Saturday, December 13, 2014

It's A Wonderful Kraut

I'm going to be upfront with you and tell you that it really wasn't a wonderful kraut.
"Zuzu whats the matter with you? Get off of my neck and call the doctor, somethings wrong with your mother!"

Imagine if the movie It's A Wonderful Life had an alternate ending where, after all the time Clarence the Angel spent showing George Bailey what a great life he's living, George takes a swing at him and jumps off the bridge anyway. That's kind of how this kraut turned out.
"Everything was going well until I started telling him about my wings. Then he threw a cabbage at me and leaped into the river."
It started out well enough. I wanted to make a holiday kraut, and adding cranberries seemed a good way to do that. But when I mentioned it to my brother, who eats more of my kraut than anyone else, he reacted like I told him I had free tickets to a soccer game ("That's interesting, but the WNBA is on TV that night"). That made me rethink things.  And the more I did, the more I realized I wasn't all that thrilled about it either. What would thrill me would be to spice it up a little and still keep the cranberries. And looking around the kitchen, I found myself a can of chipotle peppers in adobo sauce that could do the trick!

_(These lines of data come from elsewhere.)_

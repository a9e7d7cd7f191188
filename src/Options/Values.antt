-- ===== src/Options/Values.antt =====
-- src/options.c: reading and changing an option of the program's table.
use freenote_probe.Base.{
  ℕ, zero, suc, ◌≤◌, ◌<◌, ◌&&◌, Option, none, some, List, [], ◌∷◌, ◌==◌, map, length, length-map,
  get_elem?, set, ◌≡◌, ◌≢◌, refl, sym, ap, ◌∙◌, arith, lt_of_get_elem?, get_elem?_lt,
  get_elem?-set_self, get_elem?-set_ne, Option-cases, inl, inr,
}
use freenote_probe.CString.{Bytes, atoi, starts_with}
use freenote_probe.Options.{
  Options, Ran, returns, matches, int_matches, opt_is_valid_i, set_opt, read_int_opt, read_str_opt,
  current, found_row, load, load_int, value_or, in_array, int_of, moved, store_value, ◌>>=◌,
}
use freenote_probe.Options.Rows.{CliOpt, Build, cli_opts}
use freenote_probe.Options.Search.{hits_from, hits_same, search_from_only}

-- What no operation changes in a row.
pub record Key : Type 0 where
  pub name : Bytes
  pub def_val : Option Bytes
  pub type : ℕ

abbrev pub key : CliOpt → Key
key r = record { name = r.name; def_val = r.def_val; type = r.type }

-- The rows are those of `cli_opts` with other values, and the static variables stand in the table.
pub record IsTable (build : Build) (o : Options) : Type 0 where
  pub keys : map key o.rows ≡ map key (cli_opts build)
  pub int_bound : o.int_cursor ≤ 20
  pub valid_bound : o.valid_cursor ≤ 20

pub keys-set :
    (rows : List CliOpt) (k : ℕ) (r s : CliOpt)
    → get_elem? rows k ≡ some r
    → key s ≡ key r
    → map key (set rows k s) ≡ map key rows
keys-set [] k r s e same = refl
keys-set (q ∷ rows) zero r s e same =
    ap (λ x. x ∷ map key rows) (same ∙ (let z : q ≡ r = cc in ap key (sym z)))
keys-set (q ∷ rows) (suc k) r s e same = ap (◌∷◌ (key q)) (keys-set rows k r s e same)

key_at :
    (rows table : List CliOpt) (k : ℕ) {t : CliOpt}
    → map key rows ≡ map key table
    → get_elem? table k ≡ some t
    → (r : CliOpt) × (get_elem? rows k ≡ some r) × (key r ≡ key t)
key_at rows [] k e at = absurd cc
key_at [] (q ∷ table) k e at = absurd cc
key_at (r ∷ rows) (q ∷ table) zero {t} e at =
    (r, refl, (let z : q ≡ t = cc in let y : key r ≡ key q = cc in y ∙ ap key z))
key_at (r ∷ rows) (q ∷ table) (suc k) e at =
    let rest : map key rows ≡ map key table = cc in key_at rows table k rest at

matches-key : (opt : Bytes) (r s : CliOpt) → key r ≡ key s → matches opt r ≡ matches opt s
unfolding matches
matches-key opt r s e = ap (λ (k : Key). starts_with opt k.name) e

int_matches-key :
    (opt : Bytes) (r s : CliOpt) → key r ≡ key s → int_matches opt r ≡ int_matches opt s
unfolding int_matches matches
int_matches-key opt r s e = ap (λ (k : Key). k.type == b'i' && starts_with opt k.name) e

table_size : (build : Build) → length (cli_opts build) ≡ 20
unfolding cli_opts
table_size build = refl

pub rows_size : (build : Build) (o : Options) → IsTable build o → length o.rows ≡ 20
rows_size build o h =
    sym (length-map o.rows key)
    ∙ ap (length {A = Key}) h.keys
    ∙ length-map (cli_opts build) key
    ∙ table_size build

-- The value that an option of the table has.
abbrev pub current? : Option CliOpt → Option Bytes
current? none = none
current? (some r) = current r

abbrev pub setting : Options → ℕ → Option Bytes
setting o k = current? (get_elem? o.rows k)

has_value : (r : CliOpt) (d : Bytes) → r.def_val ≡ some d → (v : Bytes) × (current r ≡ some v)
has_value r d e = elim (Option-cases r.value) [
  | inl n ↦ (d, ap (value_or r.def_val) n ∙ e)
  | inr (v, s) ↦ (v, ap (value_or r.def_val) s)
]

found_row_at :
    (rows : List CliOpt) (k : ℕ) {r : CliOpt}
    → get_elem? rows k ≡ some r
    → found_row rows (some k) ≡ returns (k, r)
found_row_at rows k slot = ap (λ (m : Option CliOpt). in_array m >>= λ r. returns (k, r)) slot

load_int_at :
    (o : Options) (k : ℕ) (r : CliOpt) (v : Bytes)
    → get_elem? o.rows k ≡ some r
    → current r ≡ some v
    → load_int o (some k, k) ≡ returns (atoi v, record o { int_cursor = k })
load_int_at o k r v slot now =
    ap
      (λ (m : Ran (ℕ × CliOpt)).
        m >>= λ p. (int_of (current p.1) >>= λ i. returns (i, record o { int_cursor = k })))
      (found_row_at o.rows k slot)
    ∙ ap (λ (m : Option Bytes). int_of m >>= λ i. returns (i, record o { int_cursor = k })) now

-- The one integer option that has the name is read from every position of the static variable.
pub read_int_at :
    (build : Build) (o : Options) (opt : Bytes) (k : ℕ) {t : CliOpt} {d : Bytes}
    → IsTable build o
    → hits_from (int_matches opt) 0 (cli_opts build) ≡ k ∷ []
    → get_elem? (cli_opts build) k ≡ some t
    → t.def_val ≡ some d
    → (v : Bytes) × (setting o k ≡ some v)
      × (read_int_opt o opt ≡ returns (atoi v, record o { int_cursor = k }))
unfolding read_int_opt
read_int_at build o opt k {t} {d} h only at default =
    let (r, slot, same) = key_at o.rows (cli_opts build) k h.keys at in
    let found =
      search_from_only (int_matches opt) o.rows o.int_cursor k
        (omega (arith, rows_size build o h, h.int_bound))
        (hits_same key (int_matches opt) (int_matches-key opt) 0 o.rows (cli_opts build) h.keys
          ∙ only) in
    let (v, now) = has_value r d (ap (λ (q : Key). q.def_val) same ∙ default) in
    (v, ap current? slot ∙ now, ap (load_int o) found ∙ load_int_at o k r v slot now)

pub opt_is_valid_at :
    (build : Build) (o : Options) (opt : Bytes) (k : ℕ)
    → IsTable build o
    → hits_from (matches opt) 0 (cli_opts build) ≡ k ∷ []
    → opt_is_valid_i o opt ≡ (some k, record o { valid_cursor = k })
unfolding opt_is_valid_i
opt_is_valid_at build o opt k h only = ap (moved o) (
    search_from_only (matches opt) o.rows o.valid_cursor k
      (omega (arith, rows_size build o h, h.valid_bound))
      (hits_same key (matches opt) (matches-key opt) 0 o.rows (cli_opts build) h.keys ∙ only))

abbrev pub after_set : Options → ℕ → CliOpt → Bytes → Options
after_set o k r v = record o { rows = set o.rows k (record r { value = some v }); valid_cursor = k }

store_at :
    (o : Options) (k : ℕ) (v : Bytes) {r : CliOpt}
    → get_elem? o.rows k ≡ some r
    → store_value o.rows v (some k, record o { valid_cursor = k }) ≡ returns (after_set o k r v)
store_at o k v slot =
    ap
      (λ (m : Ran (ℕ × CliOpt)). m >>= λ p.
        returns
          (record o { rows = set o.rows p.0 (record p.1 { value = some v }); valid_cursor = k }))
      (found_row_at o.rows k slot)

-- After `set_opt` the option has the value, the other options keep theirs, and the table is as it
-- should be.
pub set_at :
    (build : Build) (o : Options) (opt v : Bytes) (k : ℕ)
    → IsTable build o
    → hits_from (matches opt) 0 (cli_opts build) ≡ k ∷ []
    → k < 20
    → (o2 : Options) × (set_opt o opt v ≡ returns o2)
      × IsTable build o2
      × (setting o2 k ≡ some v)
      × ((j : ℕ) → k ≢ j → setting o2 j ≡ setting o j)
unfolding set_opt
set_at build o opt v k h only small =
    let (r, slot) = get_elem?_lt o.rows k (omega (arith, rows_size build o h)) in
    (
      after_set o k r v,
      ap (store_value o.rows v) (opt_is_valid_at build o opt k h only) ∙ store_at o k v slot,
      record {
        keys = keys-set o.rows k r _ slot refl ∙ h.keys;
        int_bound = h.int_bound;
        valid_bound = omega arith;
      },
      ap current? (get_elem?-set_self o.rows k _ (lt_of_get_elem? o.rows k slot)),
      λ j ne. ap current? (get_elem?-set_ne o.rows _ ne),
    )

read_str_at :
    (build : Build) (o : Options) (opt : Bytes) (k : ℕ)
    → IsTable build o
    → hits_from (matches opt) 0 (cli_opts build) ≡ k ∷ []
    → k < 20
    → read_str_opt o opt ≡ returns (setting o k, record o { valid_cursor = k })
unfolding read_str_opt
read_str_at build o opt k h only small =
    let (r, slot) = get_elem?_lt o.rows k (omega (arith, rows_size build o h)) in
    ap (load o.rows) (opt_is_valid_at build o opt k h only)
    ∙ ap (λ (m : Ran (ℕ × CliOpt)). m >>= λ p. returns (current p.1, record o { valid_cursor = k }))
        (found_row_at o.rows k slot)
    ∙ ap (λ m. returns (m, record o { valid_cursor = k })) (sym (ap current? slot))

-- In the program's table, wherever the static variable stands: setting an option and then reading
-- it gives the value that was set, and every other option is read as before. An option is given by
-- a text that matches one row, `k`, of the table.
pub set_opt-read_str_opt :
    (build : Build) (o : Options) (opt v : Bytes) (k : ℕ)
    → IsTable build o
    → hits_from (matches opt) 0 (cli_opts build) ≡ k ∷ []
    → k < 20
    → (o2 : Options) × (set_opt o opt v ≡ returns o2)
      × IsTable build o2
      × (read_str_opt o2 opt ≡ returns (some v, record o2 { valid_cursor = k }))
      × ((other : Bytes) (j : ℕ)
          → hits_from (matches other) 0 (cli_opts build) ≡ j ∷ []
          → j < 20
          → k ≢ j
          → (w : Option Bytes) × (read_str_opt o other ≡ returns (w, record o { valid_cursor = j }))
            × (read_str_opt o2 other ≡ returns (w, record o2 { valid_cursor = j })))
set_opt-read_str_opt build o opt v k h only small =
    let (o2, done, table, value, others) = set_at build o opt v k h only small in
    (
      o2,
      done,
      table,
      read_str_at build o2 opt k table only small
          ∙ ap (λ m. returns (m, record o2 { valid_cursor = k })) value,
      λ other j one lt ne. (
        setting o j,
        read_str_at build o other j h one lt,
        read_str_at build o2 other j table one lt
            ∙ ap (λ m. returns (m, record o2 { valid_cursor = j })) (others j ne),
      ),
    )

So I shredded the cabbage, chopped the bag of cranberries, blended the entire can of peppers (which was probably a little excessive looking back), and then mixed it all together with some salt and packed it away in the crock to ferment. But after a week it was clear something wasn't right. 
It looks festive and fiery hot all at the same time!
Sauerkraut has a distinctive smell that usually arrives after about a week of fermenting. That's when, after a battle royale with all the other yeasts and bacteria that might be around, the good bacteria begin to take over and make the environment inhospitable to all the rest. But that never seemed to happen with this batch. 

Instead, it maintained an off smell for the duration of the ferment while kahm yeast, one of those guys that shouldn't have been able to survive anymore, started growing on the surface of the water. The good news is kahm isn't bad for you, but the bad news is it usually means something is wrong.

And what was wrong? I don't quite know the reason. It could be that perhaps I didn't use enough salt. It could be the temperature was a little too cold. But I think that the most likely reason of all may have been that his heart was two sizes too small. Wait, that's the wrong Christmas movie. Actually my guess is it was the can of chipotle peppers in adobo sauce.

Maybe something in the sauce threw things off. It's predominantly tomato paste, and tomato paste usually spoils pretty quick. Or maybe there was a preservative in it. Fermenting kraut is a controlled spoiling of cabbage (doesn't sound as good as a hotdog topping when it's worded that way), and it seemed like this never had a chance to spoil. Either way this clearly wasn't working and I knew early on I was looking at a total loss. So what did I do?

Well, after 4 weeks of it being in the crock and not smelling right and not looking right, I tasted it. That's right. I disregarded all the warning signs, intuition, common sense, and anything else that has been put in my brain to keep me healthy and alive, and I ate a forkful. 

And what a horrible idea that was. It was hot, a little slimey and just not good. I managed to swallow it, then spent the next 20 minutes trying to get the taste out of my mouth and wondering if that bite was going to make a jail break from my stomach at any minute.
"When he gets comfortable and far, far away from the bathroom, that's when we make our move!"
But I held it down, threw the rest of the disaster into the compost bin, and then cleaned the bejesus out of the crock with vinegar and boiling water to make sure whatever poisoned this kraut didn't contaminate the next one.

I haven't given up on the idea of a holiday kraut, I plan to give it a go next year, and although it didn't turn out I wouldn't consider this a total loss. It was just more of a Clark Griswold Christmas than a George Bailey one. And really, whether you finish Christmas Eve by singing Auld Lang Syne in your living room with the entire town, or by singing The Star-Spangled Banner with the SWAT team after a sewer gas explosion launches Santa into the sky, the next day you'll still wake up to Christmas morning. I have no idea what that has to do with anything we've been talking about. Merry Christmas!